Task instructions:
Your answer should be the lines of the data below that contain "then".

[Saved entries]
════════════════

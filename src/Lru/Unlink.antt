-- ===== src/Lru/Unlink.antt =====
-- memcached/items.c: do_item_unlink_q.
use mathlib.Core.List.{append-nil}
use kvsev.Prelude.{
  ℕ, ◌+◌, ◌-◌, ◌%◌, ◌≡◌, refl, sym, ap, ◌∙◌, true, false, ◌||◌, not, Option, none, some, List, [],
  ◌∷◌, ◌++◌, ==_iff, ==_ne, if_true, if_false, if_either, if◌then◌else◌, length-append, arith,
  subst,
}
use kvsev.Prelude.Outcome.{done, ◌>>=◌}
use kvsev.Lru.{
  Node, Lru, put, is_null, points_to, set_prev, set_next, counted_bytes, u32, u64, do_item_link_q,
  do_item_unlink_q, to_front,
}
use kvsev.Lru.Chains.{
  first_or, last_or, Absent, NoDup, Chain, put_self, put_ne, last_or-append, Chain-split,
  Chain-join, Chain-before, Chain-behind,
}
use kvsev.Lru.Queue.{
  OfClass, IsQueue, OfClass-Absent, Classes, set_prev-Classes, set_next-Classes, Classes-OfClass,
  Outside, Chain-set_prev, Chain-set_next, points_to-first, points_to-last, first-OfClass,
  last-OfClass, Others, do_item_link_q_lem,
}

Apart : List ℕ → List ℕ → Type 0
Apart [] ws = Unit {0}
Apart (y ∷ ys) ws = Absent y ws × Apart ys ws

Absent-split : (x : ℕ) (ys ws : List ℕ) → Absent x (ys ++ ws) → Absent x ys × Absent x ws
Absent-split x [] ws h = (tt, h)
Absent-split x (y ∷ ys) ws (ne, h) = let (l, r) = Absent-split x ys ws h in ((ne, l), r)

Absent-join : (x : ℕ) (ys ws : List ℕ) → Absent x ys → Absent x ws → Absent x (ys ++ ws)
Absent-join x [] ws l r = r
Absent-join x (y ∷ ys) ws (ne, l) r = (ne, Absent-join x ys ws l r)

NoDup-split : (ys ws : List ℕ) → NoDup (ys ++ ws) → NoDup ys × NoDup ws × Apart ys ws
unfolding Apart
NoDup-split [] ws h = (tt, h, tt)
NoDup-split (y ∷ ys) ws (out, h) =
    let (l, r) = Absent-split y ys ws out in
    let (f, g, apart) = NoDup-split ys ws h in ((l, f), g, (r, apart))

NoDup-join : (ys ws : List ℕ) → NoDup ys → NoDup ws → Apart ys ws → NoDup (ys ++ ws)
unfolding Apart
NoDup-join [] ws f g apart = g
NoDup-join (y ∷ ys) ws (out, f) g (r, apart) =
    (Absent-join y ys ws out r, NoDup-join ys ws f g apart)

Apart-head : (ys : List ℕ) (z : ℕ) (zs : List ℕ) → Apart ys (z ∷ zs) → Absent z ys × Apart ys zs
unfolding Apart
Apart-head [] z zs apart = (tt, tt)
Apart-head (y ∷ ys) z zs ((ne, out), apart) =
    let (l, r) = Apart-head ys z zs apart in ((λ e. ne (sym e), l), (out, r))

Apart-last : (ys zs : List ℕ) → Apart ys zs → Outside (last_or none ys) zs
unfolding Apart
Apart-last [] zs apart b h = cc h
Apart-last (y ∷ []) zs (out, apart) b h = let y_b : y ≡ b = cc h in subst (λ x. Absent x zs) y_b out
Apart-last (y ∷ y' ∷ ys) zs (out, apart) b h = Apart-last (y' ∷ ys) zs apart b h

Apart-first : (ys zs : List ℕ) → Apart ys zs → Outside (first_or zs none) ys
Apart-first ys [] apart b h = cc h
Apart-first ys (z ∷ zs) apart b h =
    let z_b : z ≡ b = cc h in subst (λ x. Absent x ys) z_b (Apart-head ys z zs apart).0

OfClass-split :
    (node : ℕ → Node) (c : ℕ) (ys ws : List ℕ)
    → OfClass node c (ys ++ ws)
    → OfClass node c ys × OfClass node c ws
OfClass-split node c [] ws h = (tt, h)
OfClass-split node c (y ∷ ys) ws (here, h) =
    let (l, r) = OfClass-split node c ys ws h in ((here, l), r)

OfClass-join :
    (node : ℕ → Node) (c : ℕ) (ys ws : List ℕ)
    → OfClass node c ys
    → OfClass node c ws
    → OfClass node c (ys ++ ws)
OfClass-join node c [] ws l r = r
OfClass-join node c (y ∷ ys) ws (here, l) r = (here, OfClass-join node c ys ws l r)

end-OfClass :
    (node : ℕ → Node) (c : ℕ) (ys : List ℕ) (b : ℕ)
    → OfClass node c ys
    → last_or none ys ≡ some b
    → (node b).slabs_clsid ≡ c
end-OfClass node c [] b own h = cc h
end-OfClass node c (y ∷ ys) b own h = last-OfClass node c y ys b own h

-- The new head and the new tail.
head_after :
    (f : ℕ → Option ℕ) (c a : ℕ) (ys zs : List ℕ)
    → f c ≡ first_or (ys ++ a ∷ zs) none
    → Absent a ys
    → ((if points_to (f c) a then put f c (first_or zs none) else f) c ≡ first_or (ys ++ zs) none)
      × ((not (points_to (f c) a) || is_null (last_or none ys)) ≡ true)
head_after f c a [] zs h out =
    let it : points_to (f c) a ≡ true = ap (λ m. points_to m a) h ∙ (==_iff a a).1 refl in
    (
      ap (λ (g : ℕ → Option ℕ). g c) (if_true (points_to (f c) a) (put f c (first_or zs none)) f it)
          ∙ put_self f c (first_or zs none),
      rw it refl,
    )
head_after f c a (y ∷ ys) zs h (ne, out) =
    let it : points_to (f c) a ≡ false = ap (λ m. points_to m a) h ∙ ==_ne y a (λ e. ne (sym e)) in
    (
      ap (λ (g : ℕ → Option ℕ). g c)
            (if_false (points_to (f c) a) (put f c (first_or zs none)) f it)
          ∙ h,
      rw it refl,
    )

tail_after :
    (f : ℕ → Option ℕ) (c a : ℕ) (ys zs : List ℕ)
    → f c ≡ last_or none (ys ++ a ∷ zs)
    → Absent a zs
    → ((if points_to (f c) a then put f c (last_or none ys) else f) c ≡ last_or none (ys ++ zs))
      × ((not (points_to (f c) a) || is_null (first_or zs none)) ≡ true)
tail_after f c a ys [] h out =
    let it : points_to (f c) a ≡ true =
      ap (λ m. points_to m a) (h ∙ last_or-append none ys (a ∷ [])) ∙ (==_iff a a).1 refl in
    (
      ap (λ (g : ℕ → Option ℕ). g c) (if_true (points_to (f c) a) (put f c (last_or none ys)) f it)
          ∙ put_self f c (last_or none ys)
          ∙ ap (last_or none) (sym (append-nil ys)),
      rw it refl,
    )
tail_after f c a ys (z ∷ zs) h out =
    let at : f c ≡ last_or (some z) zs = h ∙ last_or-append none ys (a ∷ z ∷ zs) in
    let it : points_to (f c) a ≡ false =
      ap (λ m. points_to m a) at ∙ points_to-last a (z ∷ zs) out in
    (
      ap (λ (g : ℕ → Option ℕ). g c) (if_false (points_to (f c) a) (put f c (last_or none ys)) f it)
          ∙ at
          ∙ sym (last_or-append none ys (z ∷ zs)),
      rw it refl,
    )

module _ (q : Lru) (a c : ℕ) (ys zs : List ℕ) (h : IsQueue q c (ys ++ a ∷ zs)) where
  before : Option ℕ
  before = last_or none ys

  behind : Option ℕ
  behind = first_or zs none

  unlinked_node : ℕ → Node
  unlinked_node = set_next (set_prev q.node behind before) before behind

  unlinked : Lru
  unlinked = record {
    node = unlinked_node;
    heads = if points_to (q.heads c) a then put q.heads c behind else q.heads;
    tails = if points_to (q.tails c) a then put q.tails c before else q.tails;
    sizes = put q.sizes c ((q.sizes c + (u32 - 1)) % u32);
    sizes_bytes =
        put q.sizes_bytes c ((q.sizes_bytes c + (u64 - counted_bytes (q.node a) % u64)) % u64);
  }

  -- What is known of the item and of the two parts.
  record Parts : Type 0 where
    is : (q.node a).slabs_clsid ≡ c
    back : (q.node a).prev ≡ last_or none ys
    on : (q.node a).next ≡ first_or zs none
    left : Chain q.node none ys (some a)
    right : Chain q.node (some a) zs none
    left_fresh : NoDup ys
    right_fresh : NoDup zs
    out_left : Absent a ys
    out_right : Absent a zs
    apart : Apart ys zs
    left_own : OfClass q.node c ys
    right_own : OfClass q.node c zs

  parts : Parts
  parts =
      let (left, (back, on, right)) = Chain-split q.node none ys (a ∷ zs) none h.chain in
      let (left_fresh, (out_right, right_fresh), apart) = NoDup-split ys (a ∷ zs) h.fresh in
      let (out_left, apart') = Apart-head ys a zs apart in
      let (left_own, (is, right_own)) = OfClass-split q.node c ys (a ∷ zs) h.own in
      record {
        is = is;
        back = back;
        on = on;
        left = left;
        right = right;
        left_fresh = left_fresh;
        right_fresh = right_fresh;
        out_left = out_left;
        out_right = out_right;
        apart = apart';
        left_own = left_own;
        right_own = right_own;
      }

  unlinked_run : do_item_unlink_q q a ≡ done unlinked
  unfolding do_item_unlink_q unlinked unlinked_node before behind
  unlinked_run =
      let p = parts in
      rw
        (
          p.is,
          p.back,
          p.on,
          (head_after q.heads c a ys zs h.head p.out_left).1,
          (tail_after q.tails c a ys zs h.tail p.out_right).1,
          points_to-first a zs p.out_right,
          points_to-last a ys p.out_left,
        )
        refl

  unlinked-Classes : Classes q.node unlinked_node
  unfolding unlinked_node
  unlinked-Classes x =
      set_next-Classes (set_prev q.node behind before) before behind x
      ∙ set_prev-Classes q.node behind before x

  unlinked-IsQueue : IsQueue unlinked c (ys ++ zs)
  unfolding unlinked unlinked_node before behind
  unlinked-IsQueue =
      let p = parts in
      let node1 = set_prev q.node behind before in
      let left1 =
        Chain-set_prev q.node behind before none ys (some a) (Apart-first ys zs p.apart) p.left in
      let right1 = Chain-before q.node (some a) before zs none p.right_fresh p.right in
      let left2 = Chain-behind node1 none ys (some a) behind p.left_fresh left1 in
      let right2 =
        Chain-set_next node1 before behind before zs none (Apart-last ys zs p.apart) right1 in
      let sizes = length-append ys (a ∷ zs) in
      let sizes' = length-append ys zs in
      record {
        chain = Chain-join unlinked_node none ys zs none left2 right2;
        fresh = NoDup-join ys zs p.left_fresh p.right_fresh p.apart;
        own =
            Classes-OfClass q.node unlinked_node c (ys ++ zs) unlinked-Classes
              (OfClass-join q.node c ys zs p.left_own p.right_own);
        head = (head_after q.heads c a ys zs h.head p.out_left).0;
        tail = (tail_after q.tails c a ys zs h.tail p.out_right).0;
        size =
            put_self q.sizes c _
            ∙ ap (λ n. (n + (u32 - 1)) % u32) h.size
            ∙ omega (arith, sizes, sizes');
      }

  unlinked-Others : Others q c unlinked
  unfolding unlinked unlinked_node before behind
  unlinked-Others d ws ne k =
      let p = parts in
      let node1 = set_prev q.node behind before in
      record {
        chain =
            Chain-set_next node1 before behind none ws none
              (λ b e.
                OfClass-Absent q.node c d ws b k.own (end-OfClass q.node c ys b p.left_own e) ne)
              (Chain-set_prev q.node behind before none ws none
                (λ b e.
                  OfClass-Absent q.node c d ws b k.own (first-OfClass q.node c zs b p.right_own e)
                    ne)
                k.chain);
        fresh = k.fresh;
        own = Classes-OfClass q.node unlinked_node d ws unlinked-Classes k.own;
        head =
            if_either (λ (f : ℕ → Option ℕ). f d ≡ first_or ws none) (points_to (q.heads c) a)
              (put_ne q.heads c behind d (λ e. ne (sym e)) ∙ k.head) k.head;
        tail =
            if_either (λ (f : ℕ → Option ℕ). f d ≡ last_or none ws) (points_to (q.tails c) a)
              (put_ne q.tails c before d (λ e. ne (sym e)) ∙ k.tail) k.tail;
        size = put_ne q.sizes c _ d (λ e. ne (sym e)) ∙ k.size;
      }

-- An item that is unlinked is taken out of its queue, wherever it stands in it, the others keep their
-- order, no assertion fails, and the other queues stay.
pub do_item_unlink_q_lem :
    (q : Lru) (a c : ℕ) (ys zs : List ℕ)
    → IsQueue q c (ys ++ a ∷ zs)
    → (q' : Lru) × (do_item_unlink_q q a ≡ done q') × IsQueue q' c (ys ++ zs) × Others q c q'
do_item_unlink_q_lem q a c ys zs h = (
  unlinked q a c ys zs h,
  unlinked_run q a c ys zs h,
  unlinked-IsQueue q a c ys zs h,
  unlinked-Others q a c ys zs h,
)

-- The move to the front: the item becomes the head, the others keep their order, no assertion fails, and
-- the other queues stay. The item is not free.
pub to_front_lem :
    (q : Lru) (a c : ℕ) (ys zs : List ℕ)
    → (q.node a).slabbed ≡ false
    → IsQueue q c (ys ++ a ∷ zs)
    → (q' : Lru) × (to_front q a ≡ done q') × IsQueue q' c (a ∷ (ys ++ zs)) × Others q c q'
unfolding to_front unlinked
to_front_lem q a c ys zs plain h =
    let q1 = unlinked q a c ys zs h in
    let same = unlinked-Classes q a c ys zs h a in
    let p = parts q a c ys zs h in
    let (q', run, k, others) =
      do_item_link_q_lem q1 a c (ys ++ zs) (ap (λ l. l.0) same ∙ p.is) (ap (λ l. l.1) same ∙ plain)
        (unlinked-IsQueue q a c ys zs h) (Absent-join a ys zs p.out_left p.out_right) in
    (
      q',
      ap (λ r. r >>= λ t. do_item_link_q t a) (unlinked_run q a c ys zs h) ∙ run,
      k,
      λ d ws ne w. others d ws ne (unlinked-Others q a c ys zs h d ws ne w),
    )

════════════════

Answer box:
  ◌∷◌, ◌++◌, ==_iff, ==_ne, if_true, if_false, if_either, if◌then◌else◌, length-append, arith,
    → ((if points_to (f c) a then put f c (first_or zs none) else f) c ≡ first_or (ys ++ zs) none)
    → ((if points_to (f c) a then put f c (last_or none ys) else f) c ≡ last_or none (ys ++ zs))
    heads = if points_to (q.heads c) a then put q.heads c behind else q.heads;
    tails = if points_to (q.tails c) a then put q.tails c before else q.tails;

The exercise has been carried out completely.